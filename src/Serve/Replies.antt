-- ===== src/Serve/Replies.antt =====
-- The command loop of coordinator.py: what each command leaves for the next one.
use donut_server.Prelude.{
  ℕ, suc, ◌≡◌, ◌≢◌, refl, ap, Option, none, some, List, [], ◌∷◌, arith, length,
}
use donut_server.Bytes.{Bytes, Name}
use donut_server.Exec.{
  Outcome, ok, raise, Exec, ◌>>=◌, pure, lift, gets, modify, After, Triple, Triple-bind,
}
use donut_server.Protocol.{PartLayout}
use donut_server.Coordinator.{
  Error, Library, Mirror, Globals, ensure_prepared, ensure_prepared_for_push,
}
use donut_server.Coordinator.Key.{PrepareKey}
use donut_server.Coordinator.Kept.{IsSound, Keeps}
use donut_server.Coordinator.Live.{ensure_prepared-IsLive, ensure_prepared_for_push-IsLive}
use donut_server.Serve.{Science}
use donut_server.Serve.Files.{Disk}
use donut_server.Serve.Jobs.{
  Outside, Process, Deferred, JobResult, on_globals, defer, run_job, run_push, run_ingest,
  run_deferred, write_deferred,
}
use donut_server.Serve.Loop.{
  Command, shutdown, prepare, push, resolve, ingest, unknown, Reply, failed, push_reply,
  ingest_reply, for_job, push_job, ingest_job, handle, serve,
}

module _ (l : Library) (s : Science l) (o : Outside l s) where
  -- Between two commands: sound caches, and no deferred work.
  pub record IsIdle (disk : Disk) (p : Process l s) : Type 0 where
    pub sound : IsSound l p.globals
    pub none_deferred : p.deferred ≡ none
    pub same_disk : p.disk ≡ disk

  module _ (disk : Disk) where
    abbrev Idles : {A : Type 0} → Exec (Process l s) Error A → Type 0
    Idles action = Triple (IsIdle disk) action (λ _. IsIdle disk) (IsIdle disk)

    After-Idle :
        {A : Type 0} {Q : A → Globals l → Type 0} {R : Globals l → Type 0} (p : Process l s)
        (x : Outcome Error A × Globals l)
        → ((a : A) (g : Globals l) → Q a g → IsSound l g)
        → ((g : Globals l) → R g → IsSound l g)
        → IsIdle disk p
        → After Q R x
        → After {S = Process l s} (λ _. IsIdle disk) (IsIdle disk) (x.0, record p { globals = x.1 })
    After-Idle p (ok a, g) q r idle h = record {
      sound = q a g h;
      none_deferred = idle.none_deferred;
      same_disk = idle.same_disk;
    }
    After-Idle p (raise e, g) q r idle h = record {
      sound = r g h;
      none_deferred = idle.none_deferred;
      same_disk = idle.same_disk;
    }

    lift-Idles : {A : Type 0} (r : Outcome Error A) → Idles (lift r)
    unfolding lift
    lift-Idles (ok a) = record { run = λ p h. h }
    lift-Idles (raise e) = record { run = λ p h. h }

    for_job-Idles : (key : Option PrepareKey) → Idles (for_job l s o key)
    unfolding for_job on_globals pure
    for_job-Idles none = record { run = λ p h. h }
    for_job-Idles (some key) =
        Triple-bind (λ _. IsIdle disk) _ _ _
          (record {
            run = λ p h.
                After-Idle p (ensure_prepared_for_push l key p.globals) (λ a g q. q.0)
                  (λ g r. r.sound) h (ensure_prepared_for_push-IsLive l key p.globals h.sound);
          })
          (λ entry. record { run = λ p h. h })

    -- A job that fails leaves the files as they were and nothing deferred.
    abbrev Ends : {A : Type 0} → Exec (Process l s) Error A → Type 0
    Ends action = Triple (IsIdle disk) action (λ _ p. IsSound l p.globals) (IsIdle disk)

    gets-Idles : {A : Type 0} (f : Process l s → A) → Idles (gets f)
    unfolding gets
    gets-Idles f = record { run = λ p h. h }

    defer-Ends : (d : Deferred l s) (r : JobResult l s) → Ends (defer l s d >>= λ _. pure r)
    unfolding defer modify pure ◌>>=◌
    defer-Ends d r = record { run = λ p h. h.sound }

    run_job-Ends :
        (job_id : Name) (exposures : List (Name × s.Exposure)) (workers : Option ℕ)
        → Ends (run_job l s o job_id exposures workers)
    unfolding run_job
    run_job-Ends job_id exposures workers =
        Triple-bind (λ _. IsIdle disk) _ _ _ (gets-Idles _)
          (λ m.
            Triple-bind (λ _. IsIdle disk) _ _ _ (lift-Idles _)
              (λ outputs.
                Triple-bind (λ _. IsIdle disk) _ _ _ (lift-Idles _)
                  (λ result. defer-Ends _ result)))

    push_job-Ends :
        (job_id : Name) (key : Option PrepareKey) (view : Bytes) (layout : List PartLayout)
        (workers : Option ℕ)
        → Ends (push_job l s o job_id key view layout workers)
    unfolding push_job run_push
    push_job-Ends job_id key view layout workers =
        Triple-bind (λ _. IsIdle disk) _ _ _ (for_job-Idles key)
          (λ _.
            Triple-bind (λ _. IsIdle disk) _ _ _ (lift-Idles _)
              (λ exposures. run_job-Ends job_id exposures workers))

    ingest_job-Ends :
        (job_id : Name) (key : Option PrepareKey) (directory : Name) (workers : Option ℕ)
        → Ends (ingest_job l s o job_id key directory workers)
    unfolding ingest_job run_ingest pure
    ingest_job-Ends job_id key directory workers =
        Triple-bind (λ _. IsIdle disk) _ _ _ (for_job-Idles key)
          (λ _.
            Triple-bind (λ _. IsIdle disk) _ _ _ (lift-Idles _)
              (λ r.
                Triple-bind (λ _ p. IsSound l p.globals) _ _ _ (run_job-Ends job_id r.1 workers)
                  (λ result. record { run = λ p h. h })))

  After-IsSound :
      {A : Type 0} (disk : Disk) (x : Outcome Error A × Process l s)
      → After (λ _ p. IsSound l p.globals) (IsIdle disk) x
      → IsSound l x.1.globals
  After-IsSound disk (ok a, p) h = h
  After-IsSound disk (raise e, p) h = h.sound

  -- the deferred work after a job that is answered by `reply`
  After-disk :
      {A : Type 0} (reply : Outcome Error A → Reply l s o) (disk : Disk) (e : Error)
      (x : Outcome Error A × Process l s)
      → ((a : A) → reply (ok a) ≢ failed e)
      → After (λ _ p. IsSound l p.globals) (IsIdle disk) x
      → reply x.0 ≡ failed e
      → write_deferred l s o x.1.deferred x.1.disk ≡ disk
  unfolding write_deferred
  After-disk reply disk e (ok a, p) apart h failure = absurd (apart a failure)
  After-disk reply disk e (raise why, p) apart h failure =
      rw (h.none_deferred, write_deferred) h.same_disk

  After-on_globals :
      {A : Type 0} {Q : A → Globals l → Type 0} (m : Mirror l) (x : Outcome Error A × Globals l)
      → ((a : A) (g : Globals l) → Q a g → IsSound l g)
      → After Q (Keeps l m) x
      → IsSound l x.1
  After-on_globals m (ok a, g) q h = q a g h
  After-on_globals m (raise e, g) q h = h.sound

  idle : (p : Process l s) → IsSound l p.globals → p.deferred ≡ none → IsIdle p.disk p
  idle p sound none_deferred = record {
    sound = sound;
    none_deferred = none_deferred;
    same_disk = refl;
  }

  handle-IsIdle :
      (command : Command l.Coordinate) (p : Process l s)
      → IsSound l p.globals
      → p.deferred ≡ none
      → IsIdle (handle l s o command p).1.disk (handle l s o command p).1
  unfolding handle run_deferred on_globals
  handle-IsIdle shutdown p sound d = idle p sound d
  handle-IsIdle (prepare command) p sound d =
      idle _
        (After-on_globals p.globals.mirror (ensure_prepared l command p.globals) (λ a g q. q.0)
          (ensure_prepared-IsLive l command p.globals sound))
        d
  handle-IsIdle (push job_id key view layout workers) p sound d =
      idle _
        (After-IsSound p.disk _
          ((push_job-Ends p.disk job_id key view layout workers).run p (idle p sound d)))
        refl
  handle-IsIdle (resolve directory) p sound d = idle p sound d
  handle-IsIdle (ingest job_id key directory workers) p sound d =
      idle _
        (After-IsSound p.disk _
          ((ingest_job-Ends p.disk job_id key directory workers).run p (idle p sound d)))
        refl
  handle-IsIdle unknown p sound d = idle p sound d

  pub handle-failed :
      (command : Command l.Coordinate) (p : Process l s) (e : Error)
      → IsSound l p.globals
      → p.deferred ≡ none
      → (handle l s o command p).0 ≡ failed e
      → (handle l s o command p).1.disk ≡ p.disk
  unfolding handle on_globals run_deferred
  handle-failed shutdown p e sound d h = refl
  handle-failed (prepare command) p e sound d h = refl
  handle-failed (push job_id key view layout workers) p e sound d h =
      After-disk (push_reply l s o) p.disk e (push_job l s o job_id key view layout workers p)
        (λ r same. ground (arith, same))
        ((push_job-Ends p.disk job_id key view layout workers).run p (idle p sound d)) h
  handle-failed (resolve directory) p e sound d h = refl
  handle-failed (ingest job_id key directory workers) p e sound d h =
      After-disk (ingest_reply l s o) p.disk e (ingest_job l s o job_id key directory workers p)
        (λ r same. ground (arith, same))
        ((ingest_job-Ends p.disk job_id key directory workers).run p (idle p sound d)) h
  handle-failed unknown p e sound d h = refl

  -- the commands up to the first shutdown, with it
  abbrev pub answered : {C : Type 0} → List (Command C) → ℕ
  answered [] = 0
  answered (shutdown ∷ commands) = 1
  answered (command ∷ commands) = suc (answered commands)

  -- From sound caches with nothing deferred, the loop answers every command up to a shutdown once,
  -- and leaves sound caches and nothing deferred, whatever fails.
  pub serve-IsIdle :
      (commands : List (Command l.Coordinate)) (p : Process l s)
      → IsSound l p.globals
      → p.deferred ≡ none
      → (length (serve l s o commands p).0 ≡ answered commands)
        × IsSound l (serve l s o commands p).1.globals
        × ((serve l s o commands p).1.deferred ≡ none)
  unfolding serve
  serve-IsIdle [] p sound d = (refl, sound, d)
  serve-IsIdle (shutdown ∷ commands) p sound d = (refl, sound, d)
  serve-IsIdle (command ∷ commands) p sound d =
      let idle = handle-IsIdle command p sound d in
      let rest = serve-IsIdle commands (handle l s o command p).1 idle.sound idle.none_deferred in
      (ap suc rest.0, rest.1, rest.2)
══════════════════════════════
> **PROBLEM**
The lines above from the one with "handle-IsIdle (push job_id" through the one with "answered (command ∷" are to be duplicated exactly, ends included, with nothing added.

> **SOLUTION TO THIS EXERCISE**
  handle-IsIdle (push job_id key view layout workers) p sound d =
      idle _
        (After-IsSound p.disk _
          ((push_job-Ends p.disk job_id key view layout workers).run p (idle p sound d)))
        refl
  handle-IsIdle (resolve directory) p sound d = idle p sound d
  handle-IsIdle (ingest job_id key directory workers) p sound d =
      idle _
        (After-IsSound p.disk _
          ((ingest_job-Ends p.disk job_id key directory workers).run p (idle p sound d)))
        refl
  handle-IsIdle unknown p sound d = idle p sound d

  pub handle-failed :
      (command : Command l.Coordinate) (p : Process l s) (e : Error)
      → IsSound l p.globals
      → p.deferred ≡ none
      → (handle l s o command p).0 ≡ failed e
      → (handle l s o command p).1.disk ≡ p.disk
  unfolding handle on_globals run_deferred
  handle-failed shutdown p e sound d h = refl
  handle-failed (prepare command) p e sound d h = refl
  handle-failed (push job_id key view layout workers) p e sound d h =
      After-disk (push_reply l s o) p.disk e (push_job l s o job_id key view layout workers p)
        (λ r same. ground (arith, same))
        ((push_job-Ends p.disk job_id key view layout workers).run p (idle p sound d)) h
  handle-failed (resolve directory) p e sound d h = refl
  handle-failed (ingest job_id key directory workers) p e sound d h =
      After-disk (ingest_reply l s o) p.disk e (ingest_job l s o job_id key directory workers p)
        (λ r same. ground (arith, same))
        ((ingest_job-Ends p.disk job_id key directory workers).run p (idle p sound d)) h
  handle-failed unknown p e sound d h = refl

  -- the commands up to the first shutdown, with it
  abbrev pub answered : {C : Type 0} → List (Command C) → ℕ
  answered [] = 0
  answered (shutdown ∷ commands) = 1
  answered (command ∷ commands) = suc (answered commands)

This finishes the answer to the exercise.